The deeper the technology stack runs, the more administrators and engineers struggle to keep everything in good working order. VMWare offers a wonderful suite of benefits, but virtualization opens up a real can of worms, and with the host OS trying to be clever some really frustrating issues can appear.
At some point in the last few months, a VM on my laptop (an Ubuntu Intrepid Ibex image for some contract work I’m doing) started behaving really poorly. I wasn’t sure whether it was an issue on the host OS (which went from Jaunty to Koala), an issue on the guest OS (on which I installed X), or just a matter of time marching on (fragmentation).
After trying a few different fixes, I am of the opinion that my problem stemmed from CPU frequency scaling on the host OS playing havoc with VMWare. As best I can tell, this was causing the guest OS to be CPU starved, presumably due to a VMWare bug. That said, I (unscientifically) have done four total things since going from a state of fail to a state of grace…
- found a way to set the scaling governor on the host CPUs
- tweaked the VM to use only a single CPU
- defragmented the VM’s image
- disabled memory page trimming for the VM
Under Ubuntu (Karmic Koala, anyway) one can use the cpufreq-selector program to tweak the scaling governor for the host CPUs. For me, this meant running the following two commands on my dual CPU system…

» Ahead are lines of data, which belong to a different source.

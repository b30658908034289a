-- ===== src/Version/Registry/WellFormed.antt =====
-- What `NewRegistry` lets in.
use sql_ai_tools.Prelude.{
  ℕ, ◌<◌, ◌≡◌, ◌⊎◌, refl, true, false, List, [], ◌∷◌, Option, none, some, Bytes, arith, inl, inr,
  Bool-cases, Option-cases,
}
use sql_ai_tools.Version.Registry.{
  Feature, Registry, built, is_empty, parse_major_minor, compare_parsed, compare_major_minor,
  is_positive, lookup, is_registered, is_version, is_after, misconfigured, add_features,
  new_registry,
}

-- One release precedes another: by the major number, then by the minor.
abbrev pub Before : ℕ × ℕ → ℕ × ℕ → Type 0
Before a b = (a.0 < b.0) ⊎ ((a.0 ≡ b.0) × (a.1 < b.1))

-- A feature that may be registered: named, its versions read, and removed only after it came.
pub record IsConfigured (f : Feature) : Type 0 where
  pub tagged : is_empty f.tag ≡ false
  pub named : is_empty f.name ≡ false
  pub dated :
      (is_empty f.introduced ≡ true)
      ⊎ ((is_empty f.introduced ≡ false)
          × ((v : ℕ × ℕ) × (parse_major_minor f.introduced ≡ some v)))
  pub ended :
      (is_empty f.removed ≡ true)
      ⊎ ((v : ℕ × ℕ) × (w : ℕ × ℕ) × ((parse_major_minor f.introduced ≡ some v)
            × (parse_major_minor f.removed ≡ some w)
            × Before v w))

-- Every feature may be registered, and no later entry has its tag.
abbrev pub IsWellFormed : Registry → Type 0
IsWellFormed [] = Unit
IsWellFormed (f ∷ fs) = IsConfigured f × (lookup fs f.tag ≡ none) × IsWellFormed fs

positive-Before : (v w : ℕ × ℕ) → is_positive (compare_parsed w v) ≡ true → Before v w
unfolding is_positive compare_parsed
positive-Before v w h = ground arith

unregistered : (o : Option Feature) → is_registered o ≡ false → o ≡ none
unfolding is_registered
unregistered none h = refl
unregistered (some f) h = absurd (ground arith)

version_read : (o : Option (ℕ × ℕ)) → is_version o ≡ true → (v : ℕ × ℕ) × (o ≡ some v)
unfolding is_version
version_read none h = absurd (ground arith)
version_read (some v) h = (v, refl)

after-Before :
    (removed introduced : Bytes)
    → is_after (compare_major_minor removed introduced) ≡ true
    → (v : ℕ × ℕ) × (w : ℕ × ℕ) × ((parse_major_minor introduced ≡ some v)
        × (parse_major_minor removed ≡ some w)
        × Before v w)
unfolding is_after compare_major_minor
after-Before removed introduced h = elim (Option-cases (parse_major_minor removed)) [
  | inl e ↦ absurd (ground (arith, e, h))
  | inr e ↦ elim (Option-cases (parse_major_minor introduced)) [
    | inl e' ↦ absurd (ground (arith, e.1, e', h))
    | inr e' ↦ (e'.0, e.0, (e'.1, e.1, positive-Before e'.0 e.0 (ground (arith, e.1, e'.1, h))))
  ]
]

-- The loop's body raises no panic on a feature that may be registered under a new tag only.
configured :
    (r : Registry) (f : Feature)
    → misconfigured r f ≡ none
    → IsConfigured f × (lookup r f.tag ≡ none)
unfolding misconfigured
configured r f h = (
  record {
    tagged = ground (arith, h);
    named = ground (arith, h);
    dated = elim (Bool-cases (is_empty f.introduced)) [
      | inl e ↦ inl e
      | inr e ↦ inr (e, version_read (parse_major_minor f.introduced) (ground (arith, e, h)))
    ];
    ended = elim (Bool-cases (is_empty f.removed)) [
      | inl e ↦ inl e
      | inr e ↦ inr (after-Before f.removed f.introduced (ground (arith, e, h)))
    ];
  },
  unregistered (lookup r f.tag) (ground (arith, h)),
)

add_features-IsWellFormed :
    (fs : List Feature) (r s : Registry)
    → IsWellFormed r
    → add_features r fs ≡ built s
    → IsWellFormed s
unfolding add_features
add_features-IsWellFormed [] r s wf e = let same : r ≡ s = ground (arith, e) in rw (← same) wf
add_features-IsWellFormed (f ∷ fs) r s wf e = elim (Option-cases (misconfigured r f)) [
  | inl ok ↦
      let (good, fresh) = configured r f ok in
      add_features-IsWellFormed fs (f ∷ r) s (good, fresh, wf) (ground (arith, ok, e))
  | inr bad ↦ absurd (ground (arith, bad.1, e))
]

-- A registry that `NewRegistry` returns is well formed: every feature has a tag, a name and readable
-- versions, one that was removed was removed in a later release than it came in, and no two features
-- have one tag.
pub new_registry-IsWellFormed :
    (features : List Feature) (r : Registry) → new_registry features ≡ built r → IsWellFormed r
unfolding new_registry
new_registry-IsWellFormed features r e = add_features-IsWellFormed features [] r tt e
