-- ===== src/Tests/Tenancy.antt =====
-- Tenants and endpoints, and a database that is reached from empty tables.
use webhook_delivery_service.Base.{◌≡◌, refl, inr, false, none, some, [], ◌∷◌, arith}
use webhook_delivery_service.Errors.{ok, raised}
use webhook_delivery_service.Database.{Database}
use webhook_delivery_service.Database.Valid.{IsValid, empty}
use webhook_delivery_service.Queries.{get_active_endpoint_by_id_for_tenant}
use webhook_delivery_service.Tenants.{create_tenant, get_current_tenant}
use webhook_delivery_service.Tenants.Access.{invalid_key, created_tenant_authenticates}
use webhook_delivery_service.Endpoints.{create_endpoint, update_endpoint, delete_endpoint}
use webhook_delivery_service.Endpoints.Lifecycle.{not_found, lookup_endpoint, hidden_not_found}
use webhook_delivery_service.Endpoints.Deletion.{IsDeleted, delete_is_final}
use webhook_delivery_service.System.{
  Steps, served, start, then_step, tenant_created, endpoint_created,
}
use webhook_delivery_service.System.Reachable.{reachable-IsValid}
use webhook_delivery_service.System.Deleted.{deletion_is_permanent}
use webhook_delivery_service.Models.{Tenant}
use webhook_delivery_service.Tests.Fixtures.{acme, globex, shop, small_db, small_db-IsValid}

abbrev with_globex : Database
with_globex = record empty { tenants = globex ∷ [] }

abbrev with_both : Database
with_both = record empty { tenants = acme ∷ globex ∷ [] }

abbrev with_shop : Database
with_shop = record with_both { endpoints = shop ∷ [] }

reached : Steps empty with_shop
unfolding create_tenant create_endpoint
reached =
    then_step
      (then_step
        (then_step start
          (served (tenant_created 2 6 "globex-key" "globex-secret" "Globex" {t = globex} refl)))
        (served (tenant_created 1 5 "acme-key" "acme-secret" "Acme" {t = acme} refl)))
      (served (
        endpoint_created 10 7 acme
          (record { url = "https://shop.example/hook"; event_types = "order.created" ∷ [] })
          {x = shop} refl))

reachable-IsValid_example : IsValid with_shop
reachable-IsValid_example = reachable-IsValid reached

created_tenant_authenticates_example :
    (get_current_tenant with_globex (some "acme-key") ≡ raised invalid_key)
    × (get_current_tenant with_both (some "acme-key") ≡ ok acme)
    × (get_current_tenant with_both (some "globex-key")
        ≡ get_current_tenant with_globex (some "globex-key"))
unfolding create_tenant
created_tenant_authenticates_example =
    created_tenant_authenticates 1 5 "acme-key" "acme-secret" with_globex "Acme" "globex-key"
      {out = (with_both, acme)} refl refl

abbrev initech : Tenant
initech = record {
  id = 3;
  name = "Initech";
  api_key = "initech-key";
  signing_secret = "initech-secret";
  created_at = 9;
}

abbrev no_shop : Database
no_shop = record small_db { endpoints = record shop { is_active = false } ∷ [] }

delete_is_final_example :
    IsDeleted 10 no_shop × (lookup_endpoint 11 no_shop ≡ lookup_endpoint 11 small_db)
unfolding delete_endpoint get_active_endpoint_by_id_for_tenant
delete_is_final_example =
    delete_is_final small_db small_db-IsValid acme 10 11 {db' = no_shop} refl (λ e. omega arith)

hidden_not_found_example :
    (update_endpoint small_db globex 10
        (record { url = none; event_types = some ("order.paid" ∷ []) })
      ≡ raised not_found)
    × (delete_endpoint small_db globex 10 ≡ raised not_found)
hidden_not_found_example =
    hidden_not_found small_db small_db-IsValid globex 10
      (record { url = none; event_types = some ("order.paid" ∷ []) })
      (inr (shop, refl, inr (λ e. omega arith)))

deletion_is_permanent_example :
    IsDeleted 10 (record no_shop { tenants = initech ∷ globex ∷ acme ∷ [] })
unfolding delete_endpoint get_active_endpoint_by_id_for_tenant create_tenant
deletion_is_permanent_example =
    deletion_is_permanent acme 10 {db = small_db} {db' = no_shop} small_db-IsValid refl (
      then_step start
        (served (tenant_created 3 9 "initech-key" "initech-secret" "Initech" {t = initech} refl)))
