-- ===== src/Worker.antt =====
-- The Celery worker of app/tasks/worker.py with the tasks of app/tasks/events.py, one at a time and in
-- the order in which they were sent. A countdown is not waited for: what a task meets, with its clocks, is
-- its `Turn`.
pub mod Visit
pub mod Batch
pub mod Drain
pub mod EndToEnd
pub mod Backlog
pub mod Recovery
pub mod Work
pub mod Stops
use webhook_delivery_service.Base.{ℕ, zero, suc, List, [], ◌∷◌, ◌++◌}
use webhook_delivery_service.Models.{Uuid, Datetime}
use webhook_delivery_service.Errors.{Result, ok, raised}
use webhook_delivery_service.Tasks.{Task, deliver_event, deliver_to_endpoint}
use webhook_delivery_service.Database.{Database}
use webhook_delivery_service.Delivery.Attempt.{HttpRequest}
use webhook_delivery_service.Delivery.FanOut.{fan_out_event_deliveries}
use webhook_delivery_service.Delivery.Once.{Surroundings, Run, deliver_to_endpoint_once}

pub record Turn : Type 0 where
  pub surroundings : Surroundings
  pub ids : ℕ → Uuid
  pub now : Datetime

-- A task that raises has failed: its transaction is rolled back and nothing was sent.
abbrev pub fan_out_run : Database → Result (Database × List Task) → Run
fan_out_run db (raised e) = record { database = db; posted = []; dispatched = [] }
fan_out_run db (ok (db', tasks)) = record { database = db'; posted = []; dispatched = tasks }

unfoldable pub run_task : Turn → Database → Task → Run
run_task turn db (deliver_event event_id tenant_id key queue) =
    fan_out_run db (fan_out_event_deliveries turn.ids turn.now db event_id tenant_id)
run_task turn db (deliver_to_endpoint delivery_id tenant_id queue countdown) =
    deliver_to_endpoint_once turn.surroundings db delivery_id tenant_id

-- What is left when the worker stops, and all that it posted.
pub record Drained : Type 0 where
  pub database : Database
  pub queue : List Task
  pub posted : List HttpRequest

abbrev pub after_posts : List HttpRequest → Drained → Drained
after_posts requests out = record out { posted = requests ++ out.posted }

module _ (turns : ℕ → Turn) where
  abbrev pub step : (ℕ → Database → List Task → Drained) → ℕ → List Task → Run → Drained
  step rest n queue run =
      after_posts run.posted (rest (suc n) run.database (queue ++ run.dispatched))

  -- `n` counts the tasks; the fuel bounds how many are taken.
  unfoldable pub drain : ℕ → ℕ → Database → List Task → Drained
  unfolding run_task
  drain zero n db queue = record { database = db; queue = queue; posted = [] }
  drain (suc fuel) n db [] = record { database = db; queue = []; posted = [] }
  drain (suc fuel) n db (t ∷ queue) = step (drain fuel) n queue (run_task (turns n) db t)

cpufreq-selector -c 0 -g performance
cpufreq-selector -c 1 -g performance
It’s easy enough to validate that things got set…
If you need a list of possible values for the scaling governor…
To make VMWare not suck, I changed the values from “ondemand” to “performance”. The other possibilities were “conservative”, “userspace” and “powersave”, none of which I have yet explored. The downside to “performance” of course is that your laptop is going to blow through its battery. Of course, if you’re plugged into the wall, you probably don’t care as much. You’re just destroying the planet.
At some point before I found the CPU scaling frequency fix I had momentarily convinced myself that the other three tweaks had fixed things. I have the feeling that I was fooled as the result of my laptop’s power management software fiddling with the scaling governors; as confirmation, I note that other folks on the Internet state they have resorted to having scripts that set the governors after they return from a hibernate/suspend operation.
I am happy to have (apparently) fixed my problem, but I’m left with a nagging sensation of our technology stack gradually getting out of control. It has so many moving parts, and in this feature hungry world not nearly enough time gets allocated to robustness and clarity.
It’s digital turtles all the way down.